I did some initial testing, and it seems like most of your time has been spent generating the actual interpolation functions. It seems that only vectorization will accelerate it to a ton, but it facilitates parallelization (which increases the speed). Here is an example.

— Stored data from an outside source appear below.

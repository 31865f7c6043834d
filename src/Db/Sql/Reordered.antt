-- ===== src/Db/Sql/Reordered.antt =====
-- Rows in another order.
use mathlib.Core.Path.{subst}
use mathlib.Core.List.Permᴰ
use mathlib.Core.List.{Permᴰ}
use gha_cache_server.Base.{
  ◌≡◌, refl, sym, ◌∙◌, inl, inr, ◌↔◌, Bool, true, false, List, ◌∷◌, map, Bool-cases, arith,
}
use gha_cache_server.Db.Sql.{delete, exists}
use gha_cache_server.Db.Sql.Laws.{keyed, IsUnique, eq_comm}

module _ {R : Type 0} where
  pub exists-reordered : (p : R → Bool) (l r : List R) → Permᴰ l r → exists p l ≡ exists p r
  unfolding exists
  exists-reordered p _ _ Permᴰ.nil = refl
  exists-reordered p _ _ (Permᴰ.cons {a} {b} {l₁} {l₂} e q) =
      rw (e, exists-reordered p l₁ l₂ q) refl
  exists-reordered p _ _ (Permᴰ.swap {a} {b} {a'} {b'} {l} e f) = rw (e, f) (ground arith)
  exists-reordered p _ _ (Permᴰ.trans {l₁} {l₂} {l₃} q s) =
      exists-reordered p l₁ l₂ q ∙ exists-reordered p l₂ l₃ s

  pub delete-reordered : (p : R → Bool) (l r : List R) → Permᴰ l r → Permᴰ (delete p l) (delete p r)
  unfolding delete
  delete-reordered p _ _ Permᴰ.nil = Permᴰ.nil
  delete-reordered p _ _ (Permᴰ.cons {a} {b} {l₁} {l₂} e q) = rw e (elim (Bool-cases (p b)) [
    | inl gone ↦ rw gone (delete-reordered p l₁ l₂ q)
    | inr kept ↦ rw kept (Permᴰ.cons refl (delete-reordered p l₁ l₂ q))
  ])
  delete-reordered p _ _ (Permᴰ.swap {a} {b} {a'} {b'} {l} e f) =
      rw (e, f)
        (elim (Bool-cases (p a')) [
          | inl gone ↦ rw gone (Permᴰ.refl _)
          | inr kept ↦ rw kept (elim (Bool-cases (p b')) [
            | inl gone ↦ rw gone (Permᴰ.refl _)
            | inr kept' ↦ rw kept' (Permᴰ.swap refl refl)
          ])
        ])
  delete-reordered p _ _ (Permᴰ.trans {l₁} {l₂} {l₃} q s) =
      Permᴰ.trans (delete-reordered p l₁ l₂ q) (delete-reordered p l₂ l₃ s)

pub map-reordered :
    {R Q : Type 0} (f : R → Q) (l r : List R) → Permᴰ l r → Permᴰ (map f l) (map f r)
map-reordered f _ _ Permᴰ.nil = Permᴰ.nil
map-reordered f _ _ (Permᴰ.cons {a} {b} {l₁} {l₂} e q) =
    rw e (Permᴰ.cons refl (map-reordered f l₁ l₂ q))
map-reordered f _ _ (Permᴰ.swap {a} {b} {a'} {b'} {l} e f') = rw (e, f') (Permᴰ.swap refl refl)
map-reordered f _ _ (Permᴰ.trans {l₁} {l₂} {l₃} q s) =
    Permᴰ.trans (map-reordered f l₁ l₂ q) (map-reordered f l₂ l₃ s)

module _ {R K : Type 0} (key : R → K) (eq : K → K → Bool)
    (eq_iff : (a b : K) → (eq a b ≡ true) ↔ (a ≡ b)) where
  pub reordered-IsUnique :
      (l r : List R) → Permᴰ l r → IsUnique key eq eq_iff l → IsUnique key eq eq_iff r
  unfolding exists
  reordered-IsUnique _ _ Permᴰ.nil u = u
  reordered-IsUnique _ _ (Permᴰ.cons {a} {b} {l₁} {l₂} e q) u =
      let v = subst (λ x. IsUnique key eq eq_iff (x ∷ l₁)) e u in
      (
        sym (exists-reordered (keyed key eq eq_iff (key b)) l₁ l₂ q) ∙ v.0,
        reordered-IsUnique l₁ l₂ q v.1,
      )
  reordered-IsUnique _ _ (Permᴰ.swap {a} {b} {a'} {b'} {l} e f) u =
      let v =
        subst (λ y. IsUnique key eq eq_iff (b' ∷ y ∷ l)) f
          (subst (λ x. IsUnique key eq eq_iff (x ∷ b ∷ l)) e u) in
      let other : eq (key b') (key a') ≡ false =
        eq_comm key eq eq_iff (key a') (key b') (ground (arith, v.0)) in
      (ground (arith, other, v.1.0), (ground (arith, v.0), v.1.1))
  reordered-IsUnique _ _ (Permᴰ.trans {l₁} {l₂} {l₃} q s) u =
      reordered-IsUnique l₂ l₃ s (reordered-IsUnique l₁ l₂ q u)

import numpy as np from scipy import interpolate import timeit import multiprocessing def myfunc(arg): x, y = arg return interpolate.PchipInterpolator(x, y, extrapolate=True) p = multiprocessing.Pool(processes=8) axes_have = np.ones((2, 72, 2001)) axes_have *= np.linspace(0, 100, 2001)[None, None, :] axes_have += np.linspace(-0.3, 0.3, 144).reshape((2, 72))[:, :, None] arr = np.sin(axes_have) arr *= np.random.random((2, 72))[:, :, None] axis_want = np.linspace(0, 100, 201) arr_ip = np.zeros((2, 72, 201)) s_time1 = timeit.default_timer() for i in range(arr.shape[0]): for j in range(arr.shape[1]): ip_func = interpolate.PchipInterpolator(axes_have[i, j, :], arr[i, j, :], extrapolate=True) arr_ip[i, j, :] = ip_func(axis_want) elapsed1 = timeit.default_timer() - s_time1 s_time2 = timeit.default_timer() flatten_have = [y for x in axes_have for y in x] flatten_arr = [y for x in arr for y in x] interp_time = timeit.default_timer() funcs = p.map(myfunc, zip(flatten_have, flatten_arr)) interp_elapsed = timeit.default_timer() - interp_time arr_ip = np.asarray([func(axis_want) for func in funcs]).reshape(2, 72, 201) elapsed2 = timeit.default_timer() - s_time2 print("Elapsed 1: {}".format(elapsed1)) print("Elapsed 2: {}".format(elapsed2)) print("Elapsed interp: {}".format(interp_elapsed))
Typical results (note that the vectorized implementation is almost exactly equal to the speed without parallelization and that I have 2 cores, so the execution time should be approximately (the original time / number of cores)):
Elapsed 1: 10.4025919437 Elapsed 2: 5.11409401894 Elapsed interp: 5.10987687111
Donβt get me wrong, there may be an algorithmic way to do it faster, but it seems like the easiest way to immediately accelerate, since the problem is awkwardly parallel.